The problem: I would like the number of lines in the data that contain the word "every". Please give that number alone.

Stored data entries:
-- ===== src/IncomeSettlement.antt =====
-- `settle_call_certified_user_income_once` of backend/app/services/call_income_service.py: who
-- receives the income of a call, and the one payment of it.
pub mod Once
use new1v.Prelude.{
  ℕ, Bool, true, false, not, ◌&&◌, ◌||◌, Option, none, some, List, [], ◌∷◌, ◌==◌, ltb, is_some,
  if◌then◌else◌,
}
use new1v.Prelude.Int.{ℤ, pos, leb_ℤ, max_zero}
use new1v.Prelude.Dict.{lookup}
use new1v.Records.{AppUser, CallRecord, Income}
use new1v.Users.{Users, credit_diamonds}
use new1v.Billing.{clamp_int}
use new1v.Fee.{
  max_rate_bps, cents, calc_certified_user_income_diamonds, calc_net_call_income_diamonds,
}

-- `next(… for user in users if user.is_certified_user and user.id != payer_id)`, else 0.
unfoldable pub first_certified_other : List (ℕ × AppUser) → ℕ → ℕ
first_certified_other [] payer_id = 0
first_certified_other ((id, u) ∷ rest) payer_id =
    if u.is_certified_user && not (id == payer_id) then id else first_certified_other rest payer_id

unfoldable pub is_certified_in : List (ℕ × AppUser) → ℕ → Bool
is_certified_in [] k = false
is_certified_in ((id, u) ∷ rest) k = (u.is_certified_user && (id == k)) || is_certified_in rest k

unfoldable pub resolve_income_certified_user_id_for_call : List (ℕ × AppUser) → Option ℕ → ℕ → ℕ → ℕ
resolve_income_certified_user_id_for_call users none caller_id callee_id = 0
resolve_income_certified_user_id_for_call users (some p) caller_id callee_id =
    if not (ltb 0 p)
    then 0
    else if is_certified_in users caller_id && is_certified_in users callee_id
    then if p == caller_id then callee_id else caller_id
    else first_certified_other users p

pub record CallIncomeSettlement : Type 0 where
  pub certified_user_id : ℕ
  pub certified_user_income_diamonds : ℤ
  pub service_fee_diamonds : ℤ
  pub settled : Bool

abbrev pub no_settlement : ℕ → CallIncomeSettlement
no_settlement id = record {
  certified_user_id = id;
  certified_user_income_diamonds = pos 0;
  service_fee_diamonds = pos 0;
  settled = false;
}

abbrev pub default_share_bps : ℤ
default_share_bps = pos 5000

unfoldable pub resolve_snapshot_share_bps : Option ℤ → ℤ
unfolding clamp_int
resolve_snapshot_share_bps none = default_share_bps
resolve_snapshot_share_bps (some share) = clamp_int share (pos 0) max_rate_bps

pub record Settled : Type 0 where
  pub income : Income
  pub users : Users
  pub result : CallIncomeSettlement

abbrev pub id_or_zero : Option ℕ → ℕ
id_or_zero none = 0
id_or_zero (some id) = id

-- `id or None`
abbrev pub id_or_none : ℕ → Option ℕ
id_or_none id = if id == 0 then none else some id

-- The receiver of the income: the one on the record, else the one found among the participants.
unfoldable pub income_receiver : CallRecord → Option ℕ → Option (List (ℕ × AppUser)) → ℕ
income_receiver call payer_id none = id_or_zero call.income.income_certified_user_id
income_receiver call payer_id (some participants) =
    if ltb 0 (id_or_zero call.income.income_certified_user_id)
    then id_or_zero call.income.income_certified_user_id
    else resolve_income_certified_user_id_for_call participants payer_id call.caller_id
        call.callee_id

-- The last step, once there is a net income to pay: the receiver's row, if it is there, is credited.
unfoldable pub pay_income : Income → ℕ → ℤ → ℤ → ℤ → ℕ → Users → Settled
pay_income income receiver gross fee net now users =
    let result : CallIncomeSettlement = record {
      certified_user_id = receiver;
      certified_user_income_diamonds = gross;
      service_fee_diamonds = fee;
      settled = true;
    } in
    elim (lookup receiver users) [
      | none ↦ record { income = income; users = users; result = no_settlement receiver }
      | some u ↦ record {
        income = record income { income_settled_at = some now };
        users = credit_diamonds receiver net users;
        result = result;
      }
    ]

unfoldable pub settle_call_certified_user_income_once :
    CallRecord → ℤ → Option ℕ → Option (List (ℕ × AppUser)) → ℕ → Users → Settled
settle_call_certified_user_income_once call total_fee payer_id participants now users =
    let share = resolve_snapshot_share_bps call.income.certified_user_share_bps in
    let receiver = income_receiver call payer_id participants in
    let cleared = record call.income {
      income_certified_user_id = id_or_none receiver;
      certified_user_share_bps = some share;
      certified_user_income_diamonds = pos 0;
    } in
    let gross = calc_certified_user_income_diamonds (max_zero total_fee) share in
    let fee = call.fee.income_actual_diamonds in
    let net = calc_net_call_income_diamonds (cents gross) fee in
    let booked = record cleared { certified_user_income_diamonds = gross } in
    let nothing : Settled = record {
      income = cleared;
      users = users;
      result = no_settlement receiver;
    } in
    if is_some call.income.income_settled_at
    then record { income = call.income; users = users; result = no_settlement 0 }
    else if leb_ℤ (max_zero total_fee) (pos 0) || (receiver == 0)
    then nothing
    else if leb_ℤ gross (pos 0)
    then nothing
    else if leb_ℤ net (pos 0)
    then record {
      income = record booked { income_settled_at = some now };
      users = users;
      result = record (no_settlement receiver) {
        certified_user_income_diamonds = gross;
        service_fee_diamonds = fee;
      };
    }
    else pay_income booked receiver gross fee net now users
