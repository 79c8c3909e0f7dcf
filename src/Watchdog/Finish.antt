-- ===== src/Watchdog/Finish.antt =====
-- What every way of ending a running call shares: the difference between the fee due and what was
-- taken, the receiver of the income, the service fee, and the income.
use new1v.Prelude.{
  ℕ, Bool, true, false, not, ◌&&◌, ◌||◌, Option, none, some, List, [], ◌∷◌, ◌++◌, ltb, ◌==◌,
  if◌then◌else◌,
}
use new1v.Prelude.Int.{ℤ, pos, pos_part, ltb_ℤ, ◌+ℤ◌, ◌-ℤ◌, ◌//ℤ◌}
use new1v.Records.{AppUser, CallRecord}
use new1v.Users.{Users, charge_coins, credit_coins}
use new1v.Fee.{cents}
use new1v.FeeAdjustment.{Payer, apply_call_service_fee_final_adjustment, is_payer}
use new1v.IncomeSettlement.{
  CallIncomeSettlement, settle_call_certified_user_income_once, id_or_zero, id_or_none,
}

-- The call after a pass, whether it ended, and whose balances are to be pushed: the payer for each
-- charge or refund, and the receiver of the income.
pub record Outcome : Type 0 where
  pub call : CallRecord
  pub users : Users
  pub has_ended : Bool
  pub charged : List ℕ
  pub income_pushes : List ℕ

-- `charged_amount` after the top-up or the refund, and whether either happened; `short` is a top-up
-- that the payer could not pay.
pub record Billed : Type 0 where
  pub users : Users
  pub charged_amount : ℤ
  pub changed : Bool
  pub short : Bool

abbrev unchanged_bill : ℤ → Users → Billed
unchanged_bill base users = record {
  users = users;
  charged_amount = base;
  changed = false;
  short = false;
}

-- The top-up of what is due beyond `deducted`, as one conditional update.
unfoldable pub top_up : ℕ → ℤ → ℤ → Users → Billed
top_up p amount base users =
    let (users', paid) = charge_coins p (cents amount) users in
    if paid
    then record { users = users'; charged_amount = base +ℤ amount; changed = true; short = false }
    else record { users = users'; charged_amount = base; changed = false; short = true }

unfoldable pub refund : ℕ → ℤ → ℤ → Users → Billed
refund p amount base users = record {
  users = credit_coins p (cents amount) users;
  charged_amount = base -ℤ amount;
  changed = true;
  short = false;
}

unfoldable pub bill_payer : ℕ → ℤ → ℤ → ℤ → Users → Billed
bill_payer p actual_fee deducted base users =
    if ltb_ℤ deducted actual_fee
    then top_up p (actual_fee -ℤ deducted) base users
    else if ltb_ℤ actual_fee deducted
    then refund p (deducted -ℤ actual_fee) base users
    else unchanged_bill base users

-- With no payer nothing is billed.
unfoldable pub bill_difference : Option ℕ → ℤ → ℤ → ℤ → Users → Billed
bill_difference none actual_fee deducted base users = unchanged_bill base users
bill_difference (some p) actual_fee deducted base users =
    if ltb 0 p then bill_payer p actual_fee deducted base users else unchanged_bill base users

-- `charged_amount // call_price`, or the minutes due where nobody pays or the call is free.
unfoldable pub settled_minutes : Option ℕ → ℤ → ℤ → ℕ → ℤ
settled_minutes payer_id call_price charged_amount due_minutes =
    if is_payer payer_id && ltb_ℤ (pos 0) call_price
    then charged_amount //ℤ pos_part call_price
    else pos due_minutes

-- `_resolve_income_certified_user_id_for_call`, with the set of certified users as a test.
unfoldable pub resolve_income_certified_user_id : (ℕ → Bool) → ℕ → ℕ → Option ℕ → ℕ
resolve_income_certified_user_id certified caller_id callee_id none = 0
resolve_income_certified_user_id certified caller_id callee_id (some p) =
    if not (ltb 0 p)
    then 0
    else if certified caller_id && certified callee_id
    then if p == caller_id then callee_id else caller_id
    else if certified caller_id && not (caller_id == p)
    then caller_id
    else if certified callee_id && not (callee_id == p)
    then callee_id
    else 0

-- `if not call_record.income_certified_user_id: …`
unfoldable pub fill_income_receiver : (ℕ → Bool) → Option ℕ → CallRecord → CallRecord
fill_income_receiver certified payer_id call =
    let found = resolve_income_certified_user_id certified call.caller_id call.callee_id payer_id in
    if id_or_zero call.income.income_certified_user_id == 0
    then record call { income = record call.income { income_certified_user_id = id_or_none found } }
    else call

abbrev is_member : ℕ → List ℕ → Bool
is_member k [] = false
is_member k (x ∷ xs) = (x == k) || is_member k xs

unfoldable pub push_payer : Bool → Option ℕ → List ℕ → List ℕ
push_payer changed none charged = charged
push_payer changed (some p) charged =
    if changed && not (is_member p charged) then charged ++ (p ∷ []) else charged

unfoldable pub push_income : CallIncomeSettlement → List ℕ
push_income s = if s.settled && ltb 0 s.certified_user_id then s.certified_user_id ∷ [] else []

-- The service fee and the income of a call whose ending is written on it, and the save.
unfoldable pub finish_call :
    CallRecord
    → Option ℕ
    → Option Payer
    → ℤ
    → Option (List (ℕ × AppUser))
    → ℕ
    → Users
    → List ℕ
    → Outcome
finish_call call payer_id payer total_fee participants now users charged =
    let adjusted = apply_call_service_fee_final_adjustment call payer_id payer now users in
    let settled =
      settle_call_certified_user_income_once adjusted.call total_fee payer_id participants now
        adjusted.users in
    record {
      call = record adjusted.call { income = settled.income; updated_at = now };
      users = settled.users;
      has_ended = true;
      charged = push_payer (adjusted.result.payer_balance_changed) payer_id charged;
      income_pushes = push_income settled.result;
    }
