-- ===== src/Watchdog/Incremental.antt =====
-- `_apply_incremental_call_service_fee` of backend/app/core/call_watchdog.py: the service fee of
-- the minutes that a charge has just paid for. Its loop is the loop of the final adjustment.
pub mod Paid
use new1v.Prelude.{ℕ, Bool, true, false, ◌&&◌, Option, none, some, is_some, if◌then◌else◌}
use new1v.Prelude.Int.{ℤ, pos, pos_part, ltb_ℤ, leb_ℤ, or_int, ◌+ℤ◌}
use new1v.Records.{CallRecord, ServiceFee}
use new1v.Users.{Users, save_coins}
use new1v.Fee.{
  calc_incremental_chargeable_minutes, calc_call_service_fee_for_minutes,
  calc_call_income_service_fee_for_minutes, resolve_call_service_fee_payer_status,
}
use new1v.FeeAdjustment.{Payer, FeeLoop, charge_fee_minutes, fee_loop_start}

pub record Incremental : Type 0 where
  pub fee : ServiceFee
  pub users : Users

-- `int(share or 0)`
abbrev share_or_zero : Option ℤ → ℤ
share_or_zero none = pos 0
share_or_zero (some share) = share

abbrev fee_after : ServiceFee → ℤ → FeeLoop → ℕ → ServiceFee
fee_after fee processed s now =
    let status = resolve_call_service_fee_payer_status s.payer_expected s.payer_actual in
    record fee {
      processed_chargeable_minutes = processed;
      payer_expected_coins = s.payer_expected;
      payer_actual_coins = s.payer_actual;
      payer_status = status;
      payer_settled_at = if is_some status then some now else none;
      income_expected_diamonds = s.income_expected;
    }

-- The loop over the new minutes, and the writes after it.
unfoldable pub charge_new_minutes : ServiceFee → ℤ → ℤ → ℤ → Payer → ℕ → Users → Incremental
charge_new_minutes fee payer_fee income_fee minutes payer now users =
    let s =
      charge_fee_minutes true payer_fee income_fee (pos_part minutes)
        (fee_loop_start fee payer.coins) in
    record {
      fee = fee_after fee (fee.processed_chargeable_minutes +ℤ minutes) s now;
      users = if s.balance_changed then save_coins payer.id s.payer_balance users else users;
    }

abbrev no_new_minutes : ServiceFee → Users → Incremental
no_new_minutes fee users = record { fee = fee; users = users }

unfoldable pub apply_incremental_call_service_fee : CallRecord → Payer → ℕ → Users → Incremental
apply_incremental_call_service_fee call payer now users =
    let fee = call.fee in
    let payer_rate = or_int fee.payer_rate_bps fee.rate_bps in
    let income_rate = or_int fee.income_rate_bps fee.rate_bps in
    let minutes =
      calc_incremental_chargeable_minutes fee.processed_chargeable_minutes call.deducted_minutes
        fee.threshold_minutes in
    let payer_fee = calc_call_service_fee_for_minutes call.call_price (pos 1) payer_rate in
    let income_fee =
      calc_call_income_service_fee_for_minutes call.call_price
        (share_or_zero call.income.certified_user_share_bps) (pos 1) income_rate in
    if leb_ℤ payer_rate (pos 0) && leb_ℤ income_rate (pos 0)
    then no_new_minutes fee users
    else if leb_ℤ minutes (pos 0)
    then no_new_minutes fee users
    else charge_new_minutes fee payer_fee income_fee minutes payer now users
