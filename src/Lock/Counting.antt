-- ===== src/Lock/Counting.antt =====
-- How the counts of lock.c change: the values of a store, the owners of a node, the queue.
use mathlib.Core.Path.{subst, fun_ext}
use reiser.Base.{
  ℕ, zero, suc, ◌+◌, ◌≤◌, ◌≡◌, refl, sym, ap, ◌∙◌, Bool, true, false, List, [], ◌∷◌, if◌then◌else◌,
  if_cases, Bool-cases, inl, inr, ◌==◌, ℤ, pos, negsuc, suc_ℤ, pred_ℤ, put, count_if, count,
  count_if-le-length, length, ◌<◌, arith,
}
use reiser.Lock.Primitives.{del_requestor}
use reiser.Lock.Longterm.{released, copied}
use reiser.Lock.View.{Core, Thread, Counted, IsView}

pub IsView-ext :
    {zs zs' : ℕ → Core} {ts ts' : ℕ → Thread}
    → ((n : ℕ) → zs' n ≡ zs n)
    → ((t : ℕ) → ts' t ≡ ts t)
    → IsView zs ts
    → IsView zs' ts'
IsView-ext {zs} {zs'} {ts} {ts'} e f v =
    subst (λ a. IsView a ts') (sym (fun_ext e)) (subst (IsView zs) (sym (fun_ext f)) v)

-- A measure of the values of a store that grows, or falls, at one place.
pub put_more {ℓ} :
    {A : Type ℓ} (m : A → ℕ) (f : ℕ → A) (i : ℕ) (a : A) (d : ℕ)
    → m a ≡ d + m (f i)
    → (j : ℕ) → m (put f i a j) ≡ (if j == i then d else 0) + m (f j)
put_more m f i a d h j =
    let same : (j == i) ≡ true → m (f j) ≡ m (f i) =
      λ e. ap (λ k. m (f k)) {x = j} {y = i} (ground arith) in
    if_cases (λ x. m x ≡ (if j == i then d else 0) + m (f j)) (j == i)
      (λ e. ground (arith, same e, h)) (λ e. ground (arith, e))

pub put_less {ℓ} :
    {A : Type ℓ} (m : A → ℕ) (f : ℕ → A) (i : ℕ) (a : A) (d : ℕ)
    → d + m a ≡ m (f i)
    → (j : ℕ) → (if j == i then d else 0) + m (put f i a j) ≡ m (f j)
put_less m f i a d h j =
    let same : (j == i) ≡ true → m (f j) ≡ m (f i) =
      λ e. ap (λ k. m (f k)) {x = j} {y = i} (ground arith) in
    if_cases (λ x. (if j == i then d else 0) + m x ≡ m (f j)) (j == i)
      (λ e. ground (arith, same e, h)) (λ e. ground (arith, e))

-- What a thread must find of a node to lock it.
abbrev pub MayLock : Bool → ℤ → List ℕ → ℕ → Type 0
MayLock true (pos n) ids t = Unit
MayLock true (negsuc n) ids t = ⊥
MayLock false (pos n) ids t = n ≡ 0
MayLock false (negsuc n) ids t = count t ids ≡ suc n

abbrev pub taken : Bool → ℤ → ℤ
taken read r = if read then suc_ℤ r else pred_ℤ r

pub taken-Counted :
    (read : Bool) (r : ℤ) (ids : List ℕ) (t : ℕ)
    → Counted r ids
    → MayLock read r ids t
    → Counted (taken read r) (t ∷ ids)
taken-Counted true (pos n) ids t c m = omega arith
taken-Counted true (negsuc n) ids t c m = elim m [ ]
taken-Counted false (pos zero) [] t c m = (refl, t, ground arith)
taken-Counted false (pos zero) (u ∷ ids) t c m = absurd (omega arith)
taken-Counted false (pos (suc n)) ids t c m = absurd (omega arith)
taken-Counted false (negsuc n) ids t (l, u, c) m = (omega arith, t, ground arith)

pub apart : (t u : ℕ) (ids : List ℕ) → (t == u) ≡ false → count t ids + count u ids ≤ length ids
apart t u [] e = omega arith
apart t u (x ∷ ids) e = ground (arith, apart t u ids e)

-- Where every element is `u` and some are `t`, every element is `t`.
pub all_of :
    (t u : ℕ) (ids : List ℕ) → count u ids ≡ length ids → 0 < count t ids → count t ids ≡ length ids
all_of t u ids e h = elim (Bool-cases (t == u)) [
  | inl same ↦ ap (λ k. count k ids) {x = t} {y = u} (ground arith) ∙ e
  | inr other ↦ absurd (omega (arith, apart t u ids other))
]

pub released-Counted :
    (r : ℤ) (ids ids' : List ℕ) (t : ℕ)
    → Counted r ids
    → suc (length ids') ≡ length ids
    → ((u : ℕ) → (if t == u then 1 else 0) + count u ids' ≡ count u ids)
    → Counted (released r) ids'
released-Counted (pos zero) ids ids' t c l e = absurd (omega arith)
released-Counted (pos (suc k)) ids ids' t c l e = omega arith
released-Counted (negsuc zero) ids ids' t (m, u, c) l e = omega arith
released-Counted (negsuc (suc k)) ids ids' t (m, u, c) l e =
    (omega arith, u, ground (arith, e u, count_if-le-length (λ b. b == u) ids'))

pub copied-Counted :
    (r : ℤ) (ids : List ℕ) (t : ℕ) → Counted r ids → 0 < count t ids → Counted (copied r) (t ∷ ids)
copied-Counted (pos zero) [] t c h = absurd (omega arith)
copied-Counted (pos zero) (u ∷ ids) t c h = absurd (omega arith)
copied-Counted (pos (suc k)) ids t c h = omega arith
copied-Counted (negsuc k) ids t (m, u, c) h =
    (omega arith, t, ground (arith, all_of t u ids (c ∙ sym m)))

-- A test that turns to true for `t` counts the elements `t` too.
pub raised-count :
    (p q : ℕ → Bool) (t : ℕ) (xs : List ℕ)
    → ((u : ℕ) → (u == t) ≡ false → q u ≡ p u)
    → p t ≡ false
    → q t ≡ true
    → count_if q xs ≡ count_if p xs + count t xs
raised-count p q t [] same h k = omega arith
raised-count p q t (x ∷ xs) same h k =
    let at = λ (e : (x == t) ≡ true) (f : ℕ → Bool). ap f {x = x} {y = t} (ground arith) in
    let rest = raised-count p q t xs same h k in
    elim (Bool-cases (x == t)) [
      | inl e ↦ ground (arith, rest, at e p, at e q)
      | inr e ↦ ground (arith, rest, same x e)
    ]

pub del_requestor-count :
    (p : ℕ → Bool) (t : ℕ) (us : List ℕ)
    → 1 ≤ count t us
    → (if p t then 1 else 0) + count_if p (del_requestor t us) ≡ count_if p us
del_requestor-count p t [] h = absurd (omega arith)
del_requestor-count p t (u ∷ us) h =
    if_cases (λ (r : List ℕ). (if p t then 1 else 0) + count_if p r ≡ count_if p (u ∷ us)) (u == t)
      (λ e. ap (λ a. (if p a then 1 else 0) + count_if p us) {x = t} {y = u} (ground arith))
      (λ e. ground (arith, del_requestor-count p t us))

Task answer: 2